# Memo method?



## Ewks (Apr 8, 2008)

I learned the theory of blindfolded 3-cycle method ages ago, but never got into the blindfolded part. So now I've decited to learn the rest of it too. Now I can do the orientation right blindfolded but I'm having problems in memorising the permutation. So what do you think would be the best way to memorise it?


----------



## MiloD (Apr 9, 2008)

I'll just share my experiences. Even though there is a lot more information in the first post, in the first thread, right at the top of this forum.

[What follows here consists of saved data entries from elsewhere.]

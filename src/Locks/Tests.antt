-- ===== src/Locks/Tests.antt =====
-- validate_locks.py: the theorems at concrete inputs.
use home_lab.Prelude.{
  ◌≡◌, ◌↔◌, refl, sym, ap, All, In, str_eq_iff, arith, inl, inr, joined, String, true, [], ◌∷◌,
}
use home_lab.Program.{pure, raised}
use home_lab.Json.{str, obj, get}
use home_lab.Locks.Regex.{fullmatch, accepts, after, followed, either}
use home_lab.Prelude.Dict.{put}
use home_lab.Locks.Checks.{
  invalid, run_all, hash_value, path_value, is_normal_path, split_slashes, join_slashes, path_parts,
  digest, source, image, after_last,
}
use home_lab.Locks.Checks.Passes.{Passes, Gives}
use home_lab.Locks.Checks.Pins.{IsPin, hash_value_iff}
use home_lab.Locks.Checks.Paths.{IsPlain, path_value-IsPlain}
use home_lab.Locks.Dockerfile.{validate_dockerfile, read_lines, from_line, arg_line}
use home_lab.Locks.Dockerfile.Bases.{AreBased, validate_dockerfile-IsBased}
use home_lab.Locks.Lock.{qwen_tp1, readiness, shape, some_fields, some_items, each_field, each_item}
use home_lab.Locks.Validate.{validate_lock, check_mod_files, check_engine}
use home_lab.Locks.Documents.{read_json}
use home_lab.Locks.Recipe.{Locked, lookup, owners_of, expected_sources, sources_of, check_sources}
use home_lab.Locks.Gates.{
  check_parts, check_mods, split_hooks, value_after, same_env, check_env, check_flag, check_gate,
  check_owned, validate_recipe,
}
use home_lab.Locks.Gates.Agreement.{HasOwner, validate_recipe-HasOwner}
use home_lab.Locks.Repository.{
  RecipeFile, Seen, nothing_seen, is_recipe, check_entries, add_manifests, add_manifest,
  check_recipes, check_recipe, validate_repository,
}
use home_lab.Locks.Repository.Loops.{IsAccepted}
use home_lab.Locks.Repository.Images.{validate_repository-images}
use home_lab.Locks.Repository.Recorded.{EqualTexts}
use home_lab.Locks.Repository.Owners.{IsUsedBy, validate_repository-owners}
use home_lab.Locks.Validate.Pinned.{IsPinned, validate_lock-IsPinned}
use home_lab.Locks.Samples.{
  repeated, revision, base_image, lock, ready_lock, words_of, engine_mod, ready_mod, recipe, python,
  recipe_path, engine, copy, tree, locks,
}

accepts_engine : Gives (validate_lock python (obj lock) engine_mod) (lock, qwen_tp1)
unfolding validate_lock shape check_mod_files check_engine run_all some_fields some_items each_field
    each_item path_value is_normal_path split_slashes join_slashes path_parts hash_value digest
    source image fullmatch accepts after followed either after_last validate_dockerfile read_lines
    from_line arg_line
accepts_engine = refl

accepts_tree : Gives (validate_repository python tree) (3, 2)
unfolding validate_repository check_entries add_manifests add_manifest read_json check_recipes
    check_recipe put lookup validate_recipe check_parts check_mods owners_of expected_sources
    sources_of check_sources split_hooks value_after same_env check_env check_flag check_gate
    check_owned validate_lock shape check_mod_files check_engine run_all some_fields some_items
    each_field each_item path_value is_normal_path split_slashes join_slashes path_parts hash_value
    digest source image fullmatch accepts after followed either after_last validate_dockerfile
    read_lines from_line arg_line
accepts_tree = refl

accepts_recipe :
    Gives
      (validate_recipe python (obj recipe) recipe_path locks)
      (str "mods/qwen" ∷ str "mods/tensorfold-readiness-v2" ∷ [])
unfolding lookup validate_recipe check_parts check_mods owners_of expected_sources sources_of
    check_sources split_hooks value_after same_env check_env check_flag check_gate check_owned
    run_all hash_value fullmatch accepts after followed either
accepts_recipe = refl

accepts_ready : Gives (validate_lock python (obj ready_lock) ready_mod) (ready_lock, readiness)
unfolding validate_lock shape check_mod_files run_all some_fields each_field path_value
    is_normal_path split_slashes join_slashes path_parts hash_value fullmatch accepts after followed
    either
accepts_ready = refl

accepts_dockerfile : Passes (validate_dockerfile python lock engine_mod)
unfolding validate_dockerfile read_lines from_line arg_line image digest after_last hash_value
    fullmatch accepts after followed either
accepts_dockerfile = refl

accepts_path : Passes (path_value python (str "src/main.zig") "paths")
unfolding path_value is_normal_path split_slashes join_slashes path_parts
accepts_path = refl

-- Twelve zeros are no pin.
rejects_zero : hash_value (str (repeated 12 "0")) 12 "pin" tt ≡ (raised (invalid "pin"), tt)
unfolding hash_value fullmatch accepts after followed either
rejects_zero = refl

-- A path that leads upwards
rejects_parent : path_value python (str "../main.zig") "paths" tt ≡ (raised (invalid "paths"), tt)
unfolding path_value is_normal_path split_slashes join_slashes path_parts
rejects_parent = refl

engine-IsAccepted : IsAccepted python engine (lock, qwen_tp1)
unfolding read_json
engine-IsAccepted = (refl, obj lock, refl, accepts_engine)

copy-IsAccepted : IsAccepted python copy (lock, qwen_tp1)
unfolding read_json
copy-IsAccepted = (refl, obj lock, refl, accepts_engine)

-- Texts are equal to themselves alone.
texts_equal : EqualTexts python
texts_equal s (str t) e = ap str (sym ((str_eq_iff s t).0 e))
texts_equal s _ e = ground (arith, e)

hash_value_iff_example : Passes (hash_value revision 40 "revision") ↔ IsPin 40 revision
hash_value_iff_example = hash_value_iff revision 40 "revision"

path_value_example : IsPlain (str "src/main.zig")
path_value_example = path_value-IsPlain python (str "src/main.zig") "paths" accepts_path

validate_lock_example : (obj lock ≡ obj lock) × IsPinned lock qwen_tp1
validate_lock_example =
    validate_lock-IsPinned python (obj lock) engine_mod lock qwen_tp1 accepts_engine

validate_dockerfile_example :
    (text : String) × Gives (pure (joined "FROM " base_image)) text
    × AreBased python lock (words_of text ∷ [])
validate_dockerfile_example =
    validate_dockerfile-IsBased python lock engine_mod (pure (joined "FROM " base_image)) refl
      accepts_dockerfile

validate_recipe_example :
    HasOwner python
      (obj recipe)
      recipe_path
      locks
      (str "mods/qwen" ∷ str "mods/tensorfold-readiness-v2" ∷ [])
validate_recipe_example =
    validate_recipe-HasOwner python (obj recipe) recipe_path locks
      (str "mods/qwen" ∷ str "mods/tensorfold-readiness-v2" ∷ []) accepts_recipe

images_example : get lock "image_id" ≡ get lock "image_id"
images_example =
    validate_repository-images python texts_equal tree (3, 2) accepts_tree copy engine lock lock
      qwen_tp1 qwen_tp1 (inl refl) (inr (inl refl)) copy-IsAccepted engine-IsAccepted refl refl refl

owners_example :
    (seen : Seen) × Gives (add_manifests python tree.manifests nothing_seen) seen
    × All
        (λ m.
          ((l : Locked) × IsAccepted python m l)
          × ((file : RecipeFile) × In file tree.files
              × (is_recipe file ≡ true)
              × IsUsedBy python seen.locks m.resolved file))
        tree.manifests
owners_example = validate_repository-owners python tree (3, 2) accepts_tree
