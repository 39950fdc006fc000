-- ===== src/PolicyDelta.antt =====
-- proxmox/guests/netbird-router-2/check-unifi-delta.py: the values it compares, `objects` and
-- `semantic`.
pub mod Pair
pub mod Verify
pub mod Reads
pub mod Matches
pub mod Proposed
pub mod Table
pub mod Others
pub mod Changed
pub mod Delta
mod Tests
use home_lab.Prelude.{
  String, Bool, true, false, not, ◌&&◌, ◌||◌, Option, none, some, List, [], ◌∷◌, ◌++◌, str_eq,
  if◌then◌else◌,
}
use home_lab.Program.{Io, pure, raise, raise_if, ◌>>=◌, ◌>>◌}
use home_lab.Json.{
  Json, str, arr, obj, Items, nil, cons, Fields, end, field, list_of, get, has, as_dict,
  is_hashable,
}

-- The messages of `require`, in the order of the source
pub data Reason : Type 0 where
  not_policies duplicate_id not_allow disabled other_protocol other_version no_response : Reason
  other_origin other_return_state other_forward_state other_schedule other_address other_target :
      Reason
  inverted_match other_port wide_scope inverted_protocol : Reason
  not_one_return other_policies duplicate_return forward_changed return_changed unrelated_changed :
      Reason

-- ValueError with a message; or TypeError, AttributeError or KeyError of a value that is not as expected.
pub data Error : Type 0 where
  rejected : Reason → Error
  bad_value : Error

abbrev pub Check : Type 0 → Type 0
Check A = Io Error (Unit {0}) A

-- `require`
abbrev pub require : Bool → Reason → Check (Unit {0})
require condition reason = raise_if (not condition) (rejected reason)

-- Python's `==` of two JSON values
abbrev pub Equality : Type 0
Equality = Json → Json → Bool

abbrev pub at : Fields → String → Check Json
at d k = if has d k then pure (get d k) else raise bad_value

-- `v[k]` with a text `k`
abbrev pub subscript : Json → String → Check Json
subscript (obj d) k = at d k
subscript _ k = raise bad_value

-- `v` as the dict that it is
abbrev pub fields_of : Json → Check Fields
fields_of (obj d) = pure d
fields_of _ = raise bad_value

-- Policies by ID, in the order of the snapshot
abbrev pub Policies : Type 0
Policies = List (Json × Fields)

-- `if isinstance(snapshot, dict)`
abbrev pub selected : Json → Check Json
selected (obj d) = at d "netbird_policies"
selected v = pure v

abbrev pub list_or_reject : Json → Check (List Json)
list_or_reject (arr vs) = pure (list_of vs)
list_or_reject _ = raise (rejected not_policies)

-- KeyError for none
abbrev pub or_missing : Option Fields → Check Fields
or_missing none = raise bad_value
or_missing (some p) = pure p

module _ (equal : Equality) where
  -- `ident in result`
  abbrev pub has_id : Json → Policies → Bool
  has_id ident [] = false
  has_id ident ((k, p) ∷ ps) = equal k ident || has_id ident ps

  -- `result[ident]`
  abbrev pub find : Json → Policies → Option Fields
  find ident [] = none
  find ident ((k, p) ∷ ps) = if equal k ident then some p else find ident ps

  abbrev pub policy : Json → Policies → Check Fields
  policy ident ps = or_missing (find ident ps)

  -- The loop of `objects`, with what it has found before; an ID has to be hashable.
  unfoldable pub collect : List Json → Policies → Check Policies
  collect [] before = pure before
  collect (v ∷ vs) before = do
    ident ← subscript v "_id"
    raise_if (not (is_hashable ident)) bad_value
    require (not (has_id ident before)) duplicate_id
    p ← fields_of v
    collect vs (before ++ ((ident, p) ∷ []))

  -- `objects`
  unfoldable pub objects : Json → Check Policies
  objects snapshot = do v ← selected snapshot; vs ← list_or_reject v; collect vs []

-- `semantic`
unfoldable pub semantic : Fields → Fields
semantic end = end
semantic (field k v d) =
    let rest = semantic d in if str_eq k "hits" || str_eq k "last_hit" then rest else field k v rest

-- `d[k] = v`
abbrev pub put : Fields → String → Json → Fields
put end k v = field k v end
put (field j w d) k v = if str_eq j k then field j v d else field j w (put d k v)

When I first started, I associated each piece with an object that was somehow associated with the colors of that piece(i.e. red/blue edge could be spiderman). I picked objects from my life that were significant to me to make them easier to recall. To memorize I would just pretend to place the objects in a certain order on 2 set paths in my house(one for corners one for edges), each with predefined locations to set the objects( 8 and 12 locations respectively). This is how I got my first solve. After a couple of weeks I realized it is easy to memorize the corners by just seeing the cycles and memorizing them spatially. Even later I forced my self to be able to memorize the edges this way too, but it is a little more difficult. On a good solve these days I memorize edges in 25-35s corners in 10-15s and orientations in 15s with all spatial memory(some of you may call it visual...but I think spatial is a better name). 

There are a lot of options though... and you should probably figure something out yourself, it will make it stick better. Do you play lacrosse?


----------